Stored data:
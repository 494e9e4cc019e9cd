-- ===== src/Service/Subsystems.antt =====
-- What the handlers of subsystems leave alone: the controllers and the namespaces, whose names are
-- apart from those of subsystems, and the map of virtio-blk controllers.
use opi_nvidia_bridge.Base.{String, ◌≡◌, ap, false, inl, inr, str_eq}
use opi_nvidia_bridge.Api.Messages.{Kind, Message, nvme_subsystem}
use opi_nvidia_bridge.Api.Requests.{CreateRequest, DeleteRequest}
use opi_nvidia_bridge.Externals.{Externals}
use opi_nvidia_bridge.Externals.Laws.{PlainId, IsStore, ClonesFaithfully, IdsPlain, subsystem_name}
use opi_nvidia_bridge.Server.{Server, State}
use opi_nvidia_bridge.Subsystem.Create.{create_nvme_subsystem}
use opi_nvidia_bridge.Subsystem.Create.Outcome.{fails, exists, makes}
use opi_nvidia_bridge.Subsystem.Create.Paths.{create_nvme_subsystem-Creates}
use opi_nvidia_bridge.Subsystem.Validate.Settable.{plain_id}
use opi_nvidia_bridge.Subsystem.Delete.{delete_nvme_subsystem}
use opi_nvidia_bridge.Subsystem.Delete.Outcome
use opi_nvidia_bridge.Subsystem.Delete.Outcome.{missing, deletes}
use opi_nvidia_bridge.Subsystem.Delete.Paths.{delete_nvme_subsystem-Deletes}
use opi_nvidia_bridge.Service.Named.{
  IsNamed, IsNamed-same, IsNamed-untouched, IsNamed-stored_apart, IsNamed-removed,
}

module _ (E : Externals) (L : IsStore E) (C : ClonesFaithfully E) (s : State E) where
  module _ (k : Kind) (name : Message k → String) (form : PlainId → String → String) where
    pub create_nvme_subsystem-IsNamed :
        ((id i : PlainId) (j : String) → str_eq (subsystem_name E id) (form i j) ≡ false)
        → IdsPlain E
        → (req : CreateRequest nvme_subsystem) → IsNamed E k name form s.db
        → IsNamed E k name form (create_nvme_subsystem E req s).1.db
    create_nvme_subsystem-IsNamed apart P req h = elim (create_nvme_subsystem-Creates E L C req s) [
      | fails _ u ↦ IsNamed-untouched E k name form s _ u h
      | exists _ _ _ _ _ _ o ↦ IsNamed-untouched E k name form s _ o.untouched h
      | makes subsystem id _ _ made _ g settable ↦ elim made.stored [
        | inl (_, st) ↦
            IsNamed-stored_apart E k name form s _ nvme_subsystem _ _ st
              (apart (_, plain_id E P req id g settable)) h
        | inr (_, same) ↦ IsNamed-same E k name form s.db _ (λ i j. same k (form i j)) h
      ]
    ]

    pub delete_nvme_subsystem-IsNamed :
        (req : DeleteRequest)
        → IsNamed E k name form s.db
        → IsNamed E k name form (delete_nvme_subsystem E req s).1.db
    delete_nvme_subsystem-IsNamed req h = elim (delete_nvme_subsystem-Deletes E L req s) [
      | Outcome.fails _ u ↦ IsNamed-untouched E k name form s _ u h
      | missing _ _ _ o ↦ IsNamed-untouched E k name form s _ o.untouched h
      | deletes subsystem _ deleted ↦ elim deleted.stored [
        | inl (_, rm) ↦ IsNamed-removed E k name form s _ _ rm h
        | inr (_, same) ↦ IsNamed-same E k name form s.db _ (λ i j. same k (form i j)) h
      ]
    ]

  pub create_nvme_subsystem-ctrls :
      (req : CreateRequest nvme_subsystem)
      → (create_nvme_subsystem E req s).1.server.virtio_ctrls ≡ s.server.virtio_ctrls
  create_nvme_subsystem-ctrls req = elim (create_nvme_subsystem-Creates E L C req s) [
    | fails _ u ↦ ap (λ (x : Server). x.virtio_ctrls) u.same_server
    | exists _ _ _ _ _ _ o ↦ ap (λ (x : Server). x.virtio_ctrls) o.untouched.same_server
    | makes _ _ _ _ made _ _ _ ↦ ap (λ (x : Server). x.virtio_ctrls) made.server
  ]

  pub delete_nvme_subsystem-ctrls :
      (req : DeleteRequest)
      → (delete_nvme_subsystem E req s).1.server.virtio_ctrls ≡ s.server.virtio_ctrls
  delete_nvme_subsystem-ctrls req = elim (delete_nvme_subsystem-Deletes E L req s) [
    | Outcome.fails _ u ↦ ap (λ (x : Server). x.virtio_ctrls) u.same_server
    | missing _ _ _ o ↦ ap (λ (x : Server). x.virtio_ctrls) o.untouched.same_server
    | deletes _ _ deleted ↦ ap (λ (x : Server). x.virtio_ctrls) deleted.server
  ]
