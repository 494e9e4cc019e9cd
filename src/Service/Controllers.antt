-- ===== src/Service/Controllers.antt =====
-- What the handlers of controllers keep: stored controllers carry their names, and what is stored
-- of the other kinds, the registry and the maps stay as they are.
use opi_nvidia_bridge.Base.{String, ◌≡◌, refl, ap, sym, subst, false, inl, inr, some, str_eq}
use opi_nvidia_bridge.Api.Messages.{Kind, Message, nvme_controller, nvme_subsystem}
use opi_nvidia_bridge.Api.Requests.{CreateChildRequest, DeleteRequest}
use opi_nvidia_bridge.Externals.{Externals}
use opi_nvidia_bridge.Externals.Laws.{
  PlainId, IsStore, ClonesFaithfully, IdsPlain, subsystem_name, controller_name,
}
use opi_nvidia_bridge.Server.{Server, State}
use opi_nvidia_bridge.Controller.Create.{create_nvme_controller}
use opi_nvidia_bridge.Controller.Create.Outcome.{fails, exists, attaches}
use opi_nvidia_bridge.Controller.Create.Paths.{create_nvme_controller-Creates}
use opi_nvidia_bridge.Controller.Delete.{delete_nvme_controller}
use opi_nvidia_bridge.Controller.Delete.Outcome
use opi_nvidia_bridge.Controller.Delete.Outcome.{missing, detaches}
use opi_nvidia_bridge.Controller.Delete.Paths.{delete_nvme_controller-Deletes}
use opi_nvidia_bridge.Subsystem.Registry.{IsRegistry}
use opi_nvidia_bridge.Service.Named.{
  IsNamed, IsNamed-untouched, IsNamed-stored, IsNamed-stored_apart, IsNamed-removed,
  IsRegistry-untouched, IsRegistry-apart,
}

module _ (E : Externals) (L : IsStore E) (C : ClonesFaithfully E) (s : State E) where
  abbrev Named : State E → Type 0
  Named t = IsNamed E nvme_controller (λ m. m.name) (controller_name E) t.db

  pub create_nvme_controller-IsNamed :
      (req : CreateChildRequest nvme_controller)
      → Named s
      → Named (create_nvme_controller E req s).1
  create_nvme_controller-IsNamed req h = elim (create_nvme_controller-Creates E L C req s) [
    | fails _ u ↦ IsNamed-untouched E nvme_controller _ _ s _ u h
    | exists _ _ _ _ _ _ o ↦ IsNamed-untouched E nvme_controller _ _ s _ o.untouched h
    | attaches _ _ _ _ _ _ a ↦ IsNamed-stored E nvme_controller _ _ s _ _ _ a.stored refl h
  ]

  pub delete_nvme_controller-IsNamed :
      (req : DeleteRequest) → Named s → Named (delete_nvme_controller E req s).1
  delete_nvme_controller-IsNamed req h = elim (delete_nvme_controller-Deletes E L req s) [
    | Outcome.fails _ u ↦ IsNamed-untouched E nvme_controller _ _ s _ u h
    | missing _ _ _ o ↦ IsNamed-untouched E nvme_controller _ _ s _ o.untouched h
    | detaches _ _ _ _ a ↦ elim a.stored [
      | inl (_, rm) ↦ IsNamed-removed E nvme_controller _ _ s _ _ rm h
      | inr (_, u) ↦ IsNamed-untouched E nvme_controller _ _ s _ u h
    ]
  ]

  module _ (k : Kind) (name : Message k → String) (form : PlainId → String → String) where
    pub create_nvme_controller-IsNamed_other :
        ((a i : PlainId) (b j : String) → str_eq (controller_name E a b) (form i j) ≡ false)
        → IdsPlain E
        → (req : CreateChildRequest nvme_controller) → IsNamed E k name form s.db
        → IsNamed E k name form (create_nvme_controller E req s).1.db
    create_nvme_controller-IsNamed_other apart P req h =
        elim (create_nvme_controller-Creates E L C req s) [
          | fails _ u ↦ IsNamed-untouched E k name form s _ u h
          | exists _ _ _ _ _ _ o ↦ IsNamed-untouched E k name form s _ o.untouched h
          | attaches _ _ _ _ _ _ a ↦
              IsNamed-stored_apart E k name form s _ nvme_controller _ _ a.stored
                (λ i j.
                  apart (E.get_subsystem_id_from_nvme_name req.parent, P.subsystem_id req.parent) i
                    _ j)
                h
        ]

    pub delete_nvme_controller-IsNamed_other :
        (req : DeleteRequest)
        → IsNamed E k name form s.db
        → IsNamed E k name form (delete_nvme_controller E req s).1.db
    delete_nvme_controller-IsNamed_other req h = elim (delete_nvme_controller-Deletes E L req s) [
      | Outcome.fails _ u ↦ IsNamed-untouched E k name form s _ u h
      | missing _ _ _ o ↦ IsNamed-untouched E k name form s _ o.untouched h
      | detaches _ _ _ _ a ↦ elim a.stored [
        | inl (_, rm) ↦ IsNamed-removed E k name form s _ _ rm h
        | inr (_, u) ↦ IsNamed-untouched E k name form s _ u h
      ]
    ]

  pub create_nvme_controller-server :
      (req : CreateChildRequest nvme_controller)
      → (create_nvme_controller E req s).1.server ≡ s.server
  create_nvme_controller-server req = elim (create_nvme_controller-Creates E L C req s) [
    | fails _ u ↦ u.same_server
    | exists _ _ _ _ _ _ o ↦ o.untouched.same_server
    | attaches _ _ _ _ _ _ a ↦ a.server
  ]

  pub delete_nvme_controller-server :
      (req : DeleteRequest) → (delete_nvme_controller E req s).1.server ≡ s.server
  delete_nvme_controller-server req = elim (delete_nvme_controller-Deletes E L req s) [
    | Outcome.fails _ u ↦ u.same_server
    | missing _ _ _ o ↦ o.untouched.same_server
    | detaches _ _ _ _ a ↦ a.server
  ]

  module _
      (apart : (a b : String) (id : PlainId)
        → str_eq (E.resource_id_to_controller_name a b) (subsystem_name E id) ≡ false)
      (h : IsRegistry E s.server.nqns s.db) where
    pub create_nvme_controller-IsRegistry :
        (req : CreateChildRequest nvme_controller)
        → let t = (create_nvme_controller E req s).1 in IsRegistry E t.server.nqns t.db
    create_nvme_controller-IsRegistry req = elim (create_nvme_controller-Creates E L C req s) [
      | fails _ u ↦ IsRegistry-untouched E s _ u h
      | exists _ _ _ _ _ _ o ↦ IsRegistry-untouched E s _ o.untouched h
      | attaches _ _ _ _ _ _ a ↦
          IsRegistry-apart E s (create_nvme_controller E req s).1 _
            (ap (λ (x : Server). x.nqns) a.server) (apart _ _)
            (λ other. a.stored.others nvme_subsystem other) h
    ]

    -- A stored controller that is removed carries a controller's name.
    pub delete_nvme_controller-IsRegistry :
        Named s
        → (req : DeleteRequest) (i : PlainId) (j : String) → req.name ≡ controller_name E i j
        → let t = (delete_nvme_controller E req s).1 in IsRegistry E t.server.nqns t.db
    unfolding IsNamed
    delete_nvme_controller-IsRegistry named req i j hn =
        elim (delete_nvme_controller-Deletes E L req s) [
          | Outcome.fails _ u ↦ IsRegistry-untouched E s _ u h
          | missing _ _ _ o ↦ IsRegistry-untouched E s _ o.untouched h
          | detaches controller _ hc _ a ↦ elim a.stored [
            | inl (_, rm) ↦
                IsRegistry-apart E s (delete_nvme_controller E req s).1 controller.name
                  (ap (λ (x : Server). x.nqns) a.server)
                  (λ id.
                    subst (λ n. str_eq n (subsystem_name E id) ≡ false)
                      (sym (
                        named i j controller
                          (subst (λ n. E.holds nvme_controller s.db n ≡ some controller) hn hc)))
                      (apart i.0 j id))
                  (λ other. rm.others nvme_subsystem other) h
            | inr (_, u) ↦ IsRegistry-untouched E s _ u h
          ]
        ]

Work item: Which lines above contain the word "removed"? Copy all of them.

Solution:
  IsNamed, IsNamed-same, IsNamed-untouched, IsNamed-stored_apart, IsNamed-removed,
        | inl (_, rm) ↦ IsNamed-removed E k name form s _ _ rm h
  IsNamed, IsNamed-untouched, IsNamed-stored, IsNamed-stored_apart, IsNamed-removed,
      | inl (_, rm) ↦ IsNamed-removed E nvme_controller _ _ s _ _ rm h
        | inl (_, rm) ↦ IsNamed-removed E k name form s _ _ rm h
    -- A stored controller that is removed carries a controller's name.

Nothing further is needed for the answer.